“Ontem e Hoje”: República, a esperança que virou desilusão
O historiador Constantino Piçarra, que a partir da próxima semana passa a assinar semanalmente no “O Atual” a rubrica “Ontem e hoje”, antecipa a sua estreia, neste dia 5 de Outubro, com o relato de como as gentes do distrito de Beja acolheram a República.
A partir da próxima semana, inserido no conjunto de alterações que iremos implementar no “O Atual”, quer a nível gráfico do nosso site, quer com a introdução de novos conteúdos e colaboradores, o historiador Constantino Piçarra, assinará semanalmente uma rubrica com o título “Ontem e Hoje” evocando uma data, um acontecimento ou uma personalidade com preponderância na região.
Hoje, 5 de outubro, dia em que se celebra a implantação da República em 1910, acontecimento com profundo significado histórico para o nosso país, e que contou desde as primeiras horas desse dia com uma forte adesão das gentes do distrito de Beja, O Atual, antecipa a estreia da rubrica “Ontem e Hoje”, precisamente com o relato desses acontecimentos compilados pelo historiador Constantino Piçarra.
REPÚBLICA, A ESPERANÇA QUE VIROU DESILUSÃO
Há precisamente 112 anos, sabedores das movimentações que estão a ocorrer em Lisboa, por todo o dia 5 de outubro de 1910 chegam à cidade de Beja, os principais líderes do Partido Republicano. Uma comunicação telegráfica particular notícia a boa nova: A República é vitoriosa. A casa de Bragança tinha caído, por fim. A novidade espalha-se e o povo da cidade aflui em massa à praça D. Manuel I. Já noite, Augusto Barreto, médico municipal em Cuba, e Francisco Pereira Coelho, advogado, falam à multidão nesta praça, que dentro de pouco tempo se chamará praça da República, e exibem o telegrama em que o ministro do Interior do Governo Provisório republicano, António José de Almeida, nomeia António Aresta Branco governador civil do distrito de Beja.
Em alegria esfusiante, o povo, dando vivas à República e cantando a "Portuguesa" e a "Marselhesa", percorre em manifestação as ruas da capital do Baixo Alentejo. O destino é a estação de caminho-ferro, praticamente fora da cidade, onde aguardam a chegada do governador civil republicano, que é recebido de forma entusiástica. Com Aresta Branco na cabeça da manifestação esta sobe o caminho que a conduz às portas de Mértola, onde o representante do Governo republicano fala aos manifestantes da janela da casa de Francisco Pereira Coelho, membro da Comissão Distrital do Partido Republicano.
No dia seguinte, 6 de outubro, a República é solene e oficialmente proclamada na Câmara Municipal, com a adesão logo ali ao novo regime do Regimento de Infantaria 17, sediado na cidade, e da vereação municipal monárquica. Poucas horas depois, no edifício da Casa Pia, é a tomada posse do novo governador civil.
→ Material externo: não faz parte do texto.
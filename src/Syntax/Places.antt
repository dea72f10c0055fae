-- ===== src/Syntax/Places.antt =====
-- The locations of nodes.
use ceramic.Syntax.Node.{Location}
use ceramic.Syntax.Tree.{
  Expr, Statement, bool_literal, int_literal, float_literal, char_literal, string_literal,
  file_expr, line_expr, column_expr, arg_expr, name_ref, tuple, paren, indexing, call, field_ref,
  static_indexing, variadic_op, and_expr, or_expr, lambda, unpack, static_expr, dispatch_expr,
  foreign_expr, object_expr, eval_expr, block, label, binding, assignment, init_assignment,
  variadic_assignment, goto_statement, return_statement, if_statement, switch_statement,
  expr_statement, while_statement, break_statement, continue_statement, for_statement,
  foreign_statement, try_statement, throw_statement, static_for, finally_statement, on_error,
  unreachable, eval_statement, static_assert_statement,
}

abbrev pub expr_location : Expr → Location
expr_location (bool_literal p _) = p.location
expr_location (int_literal p _ _) = p.location
expr_location (float_literal p _ _) = p.location
expr_location (char_literal p _) = p.location
expr_location (string_literal p _) = p.location
expr_location (file_expr p) = p.location
expr_location (line_expr p) = p.location
expr_location (column_expr p) = p.location
expr_location (arg_expr p _) = p.location
expr_location (name_ref p _) = p.location
expr_location (tuple p _) = p.location
expr_location (paren p _) = p.location
expr_location (indexing p _ _) = p.location
expr_location (call p _ _) = p.location
expr_location (field_ref p _ _) = p.location
expr_location (static_indexing p _ _) = p.location
expr_location (variadic_op p _ _) = p.location
expr_location (and_expr p _ _) = p.location
expr_location (or_expr p _ _) = p.location
expr_location (lambda p _ _ _ _ _) = p.location
expr_location (unpack p _) = p.location
expr_location (static_expr p _) = p.location
expr_location (dispatch_expr p _) = p.location
expr_location (foreign_expr p _ _) = p.location
expr_location (object_expr p _) = p.location
expr_location (eval_expr p _) = p.location

abbrev pub statement_location : Statement → Location
statement_location (block l _) = l
statement_location (label l _) = l
statement_location (binding l _ _ _ _ _ _ _) = l
statement_location (assignment l _ _) = l
statement_location (init_assignment l _ _) = l
statement_location (variadic_assignment l _ _) = l
statement_location (goto_statement l _) = l
statement_location (return_statement l _ _ _ _) = l
statement_location (if_statement l _ _ _ _) = l
statement_location (switch_statement l _ _ _ _) = l
statement_location (expr_statement l _) = l
statement_location (while_statement l _ _ _) = l
statement_location (break_statement l) = l
statement_location (continue_statement l) = l
statement_location (for_statement l _ _ _) = l
statement_location (foreign_statement l _ _) = l
statement_location (try_statement l _ _) = l
statement_location (throw_statement l _ _ _ _) = l
statement_location (static_for l _ _ _) = l
statement_location (finally_statement l _) = l
statement_location (on_error l _) = l
statement_location (unreachable l) = l
statement_location (eval_statement l _) = l
statement_location (static_assert_statement l _ _) = l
Nos dias que se seguem Aresta Branco nomeia administradores para o 14 concelhos do distrito e substitui a vereação da Câmara de Beja por outra presidida por Manuel Laranja Gomes Palma, cargo que exerce até janeiro de 1914. A tomada de posse da vereação republicana ocorre a 10 de outubro e, nesse mesmo dia, muda parte da toponímia da cidade. Uns dias mais tarde, por proposta do vereador Pedro Sequeira Feio, dia 1 de maio, dia do trabalhador, passa a ser feriado municipal.
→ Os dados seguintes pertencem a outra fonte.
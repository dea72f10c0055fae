-- ===== src/Desugar/Statements.antt =====
-- compiler/desugar.cpp, lines 108-381: loops, handlers of exceptions and switches.
use ceramic.Prelude.{false, Option, none, some, List, [], ◌∷◌, Bytes, codes}
use ceramic.Desugar.Build.{
  identifier_at, at, nowhere, operator_expr, primitive_expr, one_expr, append_statements, ident_v,
  ident_v_to_formal_v,
}
use ceramic.Syntax.Node.{
  Location, Identifier, var_binding, ref_binding, forward_binding, BindingKind,
}
use ceramic.Syntax.Places.{expr_location, statement_location}
use ceramic.Syntax.Tree.{
  Expr, OptExpr, ExprList, no_exprs, add_expr, no_expr, an_expr, name_ref, paren, call, FormalArgs,
  Statement, OptStatement, Statements, CaseBlocks, Catch, Catches, block, binding, if_statement,
  while_statement, expr_statement, unreachable, no_statement, a_statement, no_statements,
  add_statement, case_block, no_cases, add_case, catch_block, no_catches, add_catch,
}

-- `Binding(kind, args, values)`
unfoldable pub bind : Location → BindingKind → FormalArgs → Expr → Statement
bind l kind args e = binding l kind [] [] no_expr args (one_expr e) false

abbrev operator_call : Location → Bytes → Expr → Expr
operator_call l name e = call (at l) (operator_expr name) (one_expr e)

-- The round of the loop: the values of the iterator are bound in front of the body.
unfoldable pub for_body : List Identifier → Location → Identifier → Statement → Statement
unfolding bind ident_v_to_formal_v
for_body variables l value_var body = block l (
    add_statement
      (bind none forward_binding (ident_v_to_formal_v variables)
        (operator_call l (codes "getValue") (name_ref (at l) value_var)))
      (add_statement body no_statements))

-- `l` is the location of the loop; what is made takes that of its body, but for the loop and the
-- name of the expression.
unfoldable pub desugar_for_statement : Location → List Identifier → Expr → Statement → Statement
unfolding bind ident_v for_body
desugar_for_statement l variables e body =
    let expr_var = identifier_at (codes "%expr") l in
    let iter_var = identifier_at (codes "%iter") l in
    let value_var = identifier_at (codes "%value") l in
    let k = statement_location body in
    block k (
      add_statement (bind k forward_binding (ident_v expr_var) e) (
        add_statement
          (bind k forward_binding (ident_v iter_var)
            (operator_call k (codes "iterator") (name_ref (at l) expr_var)))
          (add_statement
            (while_statement l
              (add_statement
                (bind k var_binding (ident_v value_var)
                  (operator_call k (codes "nextValue") (name_ref (at k) iter_var)))
                no_statements)
              (operator_call k (codes "hasValue?") (name_ref (at k) value_var))
              (for_body variables k value_var body))
            no_statements)))

-- The name of the exception and that of its context.
unfoldable pub make_exception_vars : Location → Identifier → Option Identifier → List Identifier
make_exception_vars l x (some context) = x ∷ context ∷ []
make_exception_vars l x none = x ∷ identifier_at (codes "%context") l ∷ []

-- What a handler runs: the exception is bound, then bound again for `throw;`, then comes the body.
unfoldable pub handler : Location → Identifier → Option Identifier → Expr → Statement → Statement
unfolding bind ident_v ident_v_to_formal_v make_exception_vars
handler l x context getter body = block l (
    add_statement
      (bind x.location var_binding (ident_v_to_formal_v (make_exception_vars l x context)) getter)
      (add_statement
        (bind x.location ref_binding (ident_v (identifier_at (codes "%exception") l))
          (name_ref nowhere (identifier_at x.str l)))
        (add_statement body no_statements)))

-- The arguments of the test and of the getter of a handler with a type.
abbrev as_type_args : Identifier → Identifier → Expr → ExprList
as_type_args exp_var x type = add_expr type (one_expr (name_ref (at x.location) exp_var))

abbrev pub exception_is : Identifier → Identifier → Expr → Expr
exception_is exp_var x type =
    call (at (expr_location type)) (operator_expr (codes "exceptionIs?"))
      (as_type_args exp_var x type)

-- The call that gives the exception and its context to a handler, by its type.
unfoldable pub exception_getter : Identifier → Identifier → OptExpr → Expr
exception_getter exp_var x (an_expr type) =
    call (at x.location) (operator_expr (codes "exceptionAs")) (as_type_args exp_var x type)
exception_getter exp_var x no_expr =
    call (at x.location) (operator_expr (codes "exceptionAsAny"))
      (one_expr (name_ref nowhere exp_var))

-- What follows the last handler where none takes every exception.
unfoldable pub continue_exception : Location → Identifier → Statement
continue_exception first exp_var = block first (
    add_statement
      (expr_statement first
        (operator_call first (codes "continueException") (name_ref (at first) exp_var)))
      (add_statement (unreachable none) no_statements))

-- The loop over the handlers, from the inside: each is the `elsePart` of the one before. Those behind a handler of
-- every exception are dropped, with a warning.
unfoldable pub catch_chain : Location → Identifier → Catches → Statement
unfolding handler continue_exception exception_getter
catch_chain first exp_var no_catches = continue_exception first exp_var
catch_chain first exp_var (add_catch (catch_block l x (an_expr type) context body) cs) =
    if_statement l no_statements (exception_is exp_var x type)
      (handler l x context (exception_getter exp_var x (an_expr type)) body)
      (a_statement (catch_chain first exp_var cs))
catch_chain first exp_var (add_catch (catch_block l x no_expr context body) cs) =
    handler l x context (exception_getter exp_var x no_expr) body

abbrev catch_location : Catch → Location
catch_location (catch_block l _ _ _ _) = l

-- `none` where the assertion that there is a handler fails.
unfoldable pub desugar_catch_blocks : Catches → Option Statement
unfolding bind ident_v_to_formal_v catch_chain
desugar_catch_blocks no_catches = none
desugar_catch_blocks (add_catch c cs) =
    let first = catch_location c in
    let exp_var = identifier_at (codes "%exp") first in
    some (
      block first (
        add_statement
          (bind first var_binding (ident_v_to_formal_v (exp_var ∷ []))
            (call (at first) (primitive_expr (codes "activeException")) no_exprs))
          (add_statement (catch_chain first exp_var (add_catch c cs)) no_statements)))

-- `desugaredExpr` and `desugaredContext`, from the fields of the statement.
unfoldable pub desugar_throw : Location → OptExpr → OptExpr → OptExpr → OptExpr → OptExpr × OptExpr
desugar_throw l e context (an_expr d) desugared_context = (an_expr d, desugared_context)
desugar_throw l (an_expr e) context no_expr desugared_context = (an_expr e, context)
desugar_throw l no_expr context no_expr desugared_context = (
  an_expr (name_ref nowhere (identifier_at (codes "%exception") l)),
  an_expr (name_ref nowhere (identifier_at (codes "%context") l)),
)

-- The test of a case: `thing` is the value that is switched on.
abbrev pub case_condition : Expr → Location → ExprList → Expr
case_condition thing l labels =
    call (at l) (operator_expr (codes "case?")) (add_expr thing (one_expr (paren (at l) labels)))

-- The cases, each the `elsePart` of the one before, and the default case last.
unfoldable pub case_chain : Expr → CaseBlocks → OptStatement → OptStatement
case_chain thing no_cases default = default
case_chain thing (add_case (case_block l labels body) cs) default = a_statement (
    if_statement l no_statements (case_condition thing l labels) body (case_chain thing cs default))

-- `none` where the block would end in a null statement: there is no case and no default.
unfoldable pub desugar_switch_statement :
    Location → Statements → Expr → CaseBlocks → OptStatement → Option Statement
unfolding bind ident_v case_chain
desugar_switch_statement l expr_statements e cs default =
    let thing = identifier_at (codes "%case") (expr_location e) in
    let bound = bind (expr_location e) forward_binding (ident_v thing) e in
    elim (case_chain (name_ref (at (expr_location e)) thing) cs default) [
      | no_statement ↦ none
      | a_statement root ↦ some (
          block l (
            append_statements expr_statements
              (add_statement bound (add_statement root no_statements))))
    ]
Triunfante graças ao apoio do operariado dos centros urbanos, a República cria enormes expectativas junto do povo. No entanto, o novo regime altera muito do acessório e pouco do essencial. Substitui o real pelo escudo, o feriado do dia de Natal pelo feriado do dia da família, o bolo rei pelo bolo nacional. Muda a bandeira, o hino e os nomes das ruas, mas é incapaz de fazer as reformas necessárias na indústria, na banca e nos campos com a realização de uma reforma agrária.
É certo que o Governo Provisório aboliu os direitos da nobreza, repôs a ordem liberal, anulada pela ditadura de João Franco, avançou com a reforma do ensino e reorganizou a universidade, estabeleceu o casamento civil e instituiu o divórcio, mas não respondeu às reivindicações do movimento operário que a tinham ajudado a triunfar. Assim um surto de lutas sociais surge logo em 1910 não parando de crescer até 1913.
Perdida a base social do movimento operário e popular a República vai paulatinamente entregando-se nos braços das forças conservadoras que a liquidam, primeiro a 28 de maio de 1926, com a instauração da ditadura, e depois com o advento do salazarismo, o fascismo à portuguesa.